## Supplied material
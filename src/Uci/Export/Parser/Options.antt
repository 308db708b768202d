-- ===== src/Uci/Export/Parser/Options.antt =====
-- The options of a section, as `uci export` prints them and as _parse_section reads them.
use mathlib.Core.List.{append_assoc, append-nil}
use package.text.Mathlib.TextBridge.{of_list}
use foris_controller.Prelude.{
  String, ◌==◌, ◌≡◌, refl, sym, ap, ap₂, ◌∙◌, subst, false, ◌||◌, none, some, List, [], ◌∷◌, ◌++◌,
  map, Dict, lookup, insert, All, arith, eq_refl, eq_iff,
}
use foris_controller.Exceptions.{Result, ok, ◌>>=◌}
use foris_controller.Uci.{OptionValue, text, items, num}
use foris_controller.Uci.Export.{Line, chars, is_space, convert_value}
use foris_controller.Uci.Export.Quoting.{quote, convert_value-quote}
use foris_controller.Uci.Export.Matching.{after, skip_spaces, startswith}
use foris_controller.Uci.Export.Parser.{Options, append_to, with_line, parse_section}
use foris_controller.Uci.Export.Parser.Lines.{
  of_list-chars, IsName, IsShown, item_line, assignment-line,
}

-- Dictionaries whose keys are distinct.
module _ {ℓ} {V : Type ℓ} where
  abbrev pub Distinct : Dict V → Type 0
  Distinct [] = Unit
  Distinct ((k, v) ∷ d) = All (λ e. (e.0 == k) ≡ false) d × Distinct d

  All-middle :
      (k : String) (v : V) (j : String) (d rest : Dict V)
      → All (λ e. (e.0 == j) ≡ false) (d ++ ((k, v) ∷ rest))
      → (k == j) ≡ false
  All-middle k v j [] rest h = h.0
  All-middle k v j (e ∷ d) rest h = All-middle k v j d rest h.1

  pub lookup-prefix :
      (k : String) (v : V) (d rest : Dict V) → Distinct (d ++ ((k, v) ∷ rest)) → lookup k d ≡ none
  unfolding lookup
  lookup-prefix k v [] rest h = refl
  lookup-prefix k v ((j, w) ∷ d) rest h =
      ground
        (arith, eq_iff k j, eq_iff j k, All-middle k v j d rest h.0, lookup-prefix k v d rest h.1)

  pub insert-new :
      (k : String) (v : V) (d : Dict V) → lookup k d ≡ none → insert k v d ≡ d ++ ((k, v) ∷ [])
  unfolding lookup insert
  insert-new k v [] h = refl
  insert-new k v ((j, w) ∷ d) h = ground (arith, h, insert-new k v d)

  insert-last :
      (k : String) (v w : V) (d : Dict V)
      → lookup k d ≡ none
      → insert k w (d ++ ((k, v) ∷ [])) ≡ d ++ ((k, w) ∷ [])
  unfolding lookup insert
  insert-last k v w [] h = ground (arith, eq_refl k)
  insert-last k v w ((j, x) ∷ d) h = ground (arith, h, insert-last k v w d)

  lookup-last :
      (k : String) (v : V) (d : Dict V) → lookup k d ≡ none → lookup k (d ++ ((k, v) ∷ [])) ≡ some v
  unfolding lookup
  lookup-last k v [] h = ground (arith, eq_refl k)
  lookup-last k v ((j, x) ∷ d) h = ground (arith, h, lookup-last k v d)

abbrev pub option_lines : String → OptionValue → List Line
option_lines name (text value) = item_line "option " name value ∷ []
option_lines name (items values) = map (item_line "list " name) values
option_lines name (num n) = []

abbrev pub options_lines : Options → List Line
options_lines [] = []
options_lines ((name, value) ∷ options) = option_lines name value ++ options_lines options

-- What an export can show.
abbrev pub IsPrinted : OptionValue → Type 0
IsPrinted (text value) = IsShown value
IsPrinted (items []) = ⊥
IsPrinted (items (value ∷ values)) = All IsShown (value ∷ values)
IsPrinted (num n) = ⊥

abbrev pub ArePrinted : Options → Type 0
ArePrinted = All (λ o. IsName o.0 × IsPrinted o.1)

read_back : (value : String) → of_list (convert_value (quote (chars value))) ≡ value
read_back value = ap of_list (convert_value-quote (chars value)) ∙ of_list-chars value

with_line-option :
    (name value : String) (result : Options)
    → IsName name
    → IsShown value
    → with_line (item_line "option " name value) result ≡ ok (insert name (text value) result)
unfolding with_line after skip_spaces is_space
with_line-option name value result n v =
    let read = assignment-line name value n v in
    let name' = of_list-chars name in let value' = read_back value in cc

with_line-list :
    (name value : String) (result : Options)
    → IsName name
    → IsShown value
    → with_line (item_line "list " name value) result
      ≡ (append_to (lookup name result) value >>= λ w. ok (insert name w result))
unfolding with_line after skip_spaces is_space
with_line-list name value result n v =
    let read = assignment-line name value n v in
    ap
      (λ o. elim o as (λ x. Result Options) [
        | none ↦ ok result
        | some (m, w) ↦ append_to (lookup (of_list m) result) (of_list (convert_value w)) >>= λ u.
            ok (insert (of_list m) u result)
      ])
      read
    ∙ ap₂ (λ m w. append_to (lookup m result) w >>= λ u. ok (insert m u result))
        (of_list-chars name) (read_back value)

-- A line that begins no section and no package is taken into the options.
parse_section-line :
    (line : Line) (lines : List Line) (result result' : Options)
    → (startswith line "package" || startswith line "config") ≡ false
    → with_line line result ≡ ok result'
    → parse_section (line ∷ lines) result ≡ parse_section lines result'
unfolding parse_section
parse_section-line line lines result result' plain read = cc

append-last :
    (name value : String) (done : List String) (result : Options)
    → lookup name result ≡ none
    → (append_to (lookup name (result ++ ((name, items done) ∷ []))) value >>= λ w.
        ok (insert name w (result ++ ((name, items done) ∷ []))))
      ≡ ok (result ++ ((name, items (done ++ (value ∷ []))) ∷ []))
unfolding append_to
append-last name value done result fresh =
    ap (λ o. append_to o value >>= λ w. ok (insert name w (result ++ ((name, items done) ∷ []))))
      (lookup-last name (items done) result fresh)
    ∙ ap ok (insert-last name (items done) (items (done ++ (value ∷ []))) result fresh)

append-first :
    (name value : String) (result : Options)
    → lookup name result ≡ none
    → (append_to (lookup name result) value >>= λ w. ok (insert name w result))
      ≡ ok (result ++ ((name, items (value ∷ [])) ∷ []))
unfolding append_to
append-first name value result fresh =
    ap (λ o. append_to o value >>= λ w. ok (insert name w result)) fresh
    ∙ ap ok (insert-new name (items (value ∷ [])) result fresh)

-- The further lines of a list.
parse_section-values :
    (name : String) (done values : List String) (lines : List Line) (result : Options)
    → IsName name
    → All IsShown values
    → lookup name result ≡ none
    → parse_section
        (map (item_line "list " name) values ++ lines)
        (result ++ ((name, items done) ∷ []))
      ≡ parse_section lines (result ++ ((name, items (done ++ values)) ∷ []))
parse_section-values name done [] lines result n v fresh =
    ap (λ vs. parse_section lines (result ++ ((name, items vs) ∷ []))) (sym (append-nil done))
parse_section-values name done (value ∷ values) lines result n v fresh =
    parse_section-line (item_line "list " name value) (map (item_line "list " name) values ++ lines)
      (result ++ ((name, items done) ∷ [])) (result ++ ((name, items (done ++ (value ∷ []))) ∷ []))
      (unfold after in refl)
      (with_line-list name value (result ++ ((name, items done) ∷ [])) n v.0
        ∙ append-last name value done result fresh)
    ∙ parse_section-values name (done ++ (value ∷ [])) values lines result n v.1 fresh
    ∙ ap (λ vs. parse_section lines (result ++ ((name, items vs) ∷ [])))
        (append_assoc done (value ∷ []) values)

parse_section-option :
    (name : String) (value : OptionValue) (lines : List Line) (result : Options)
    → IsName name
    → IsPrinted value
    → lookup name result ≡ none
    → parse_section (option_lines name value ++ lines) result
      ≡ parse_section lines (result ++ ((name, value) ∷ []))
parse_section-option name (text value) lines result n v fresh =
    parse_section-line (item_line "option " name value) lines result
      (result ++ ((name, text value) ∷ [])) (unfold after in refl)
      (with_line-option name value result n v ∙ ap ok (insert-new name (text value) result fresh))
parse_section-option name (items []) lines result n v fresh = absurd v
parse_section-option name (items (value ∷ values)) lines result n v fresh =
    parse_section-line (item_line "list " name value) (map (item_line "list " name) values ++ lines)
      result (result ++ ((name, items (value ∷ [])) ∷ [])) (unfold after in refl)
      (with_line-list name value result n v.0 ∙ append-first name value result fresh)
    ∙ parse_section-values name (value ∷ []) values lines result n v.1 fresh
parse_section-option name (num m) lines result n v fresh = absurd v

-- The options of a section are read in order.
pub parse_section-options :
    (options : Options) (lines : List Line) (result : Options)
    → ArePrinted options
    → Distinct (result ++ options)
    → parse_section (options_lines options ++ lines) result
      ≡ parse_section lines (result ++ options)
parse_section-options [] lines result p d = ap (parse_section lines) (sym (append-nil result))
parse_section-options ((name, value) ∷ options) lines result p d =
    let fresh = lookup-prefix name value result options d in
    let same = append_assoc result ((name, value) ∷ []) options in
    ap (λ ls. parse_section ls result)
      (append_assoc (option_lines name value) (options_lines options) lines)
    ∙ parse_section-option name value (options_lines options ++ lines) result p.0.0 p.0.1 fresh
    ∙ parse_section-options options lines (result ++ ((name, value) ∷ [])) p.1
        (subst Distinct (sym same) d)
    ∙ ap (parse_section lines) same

## Required work
In the listing above, find the line containing "let fresh = lookup-prefix", then reproduce it and each line after it through the end, exactly and with nothing added.

## Response area
    let fresh = lookup-prefix name value result options d in
    let same = append_assoc result ((name, value) ∷ []) options in
    ap (λ ls. parse_section ls result)
      (append_assoc (option_lines name value) (options_lines options) lines)
    ∙ parse_section-option name value (options_lines options ++ lines) result p.0.0 p.0.1 fresh
    ∙ parse_section-options options lines (result ++ ((name, value) ∷ [])) p.1
        (subst Distinct (sym same) d)
    ∙ ap (parse_section lines) same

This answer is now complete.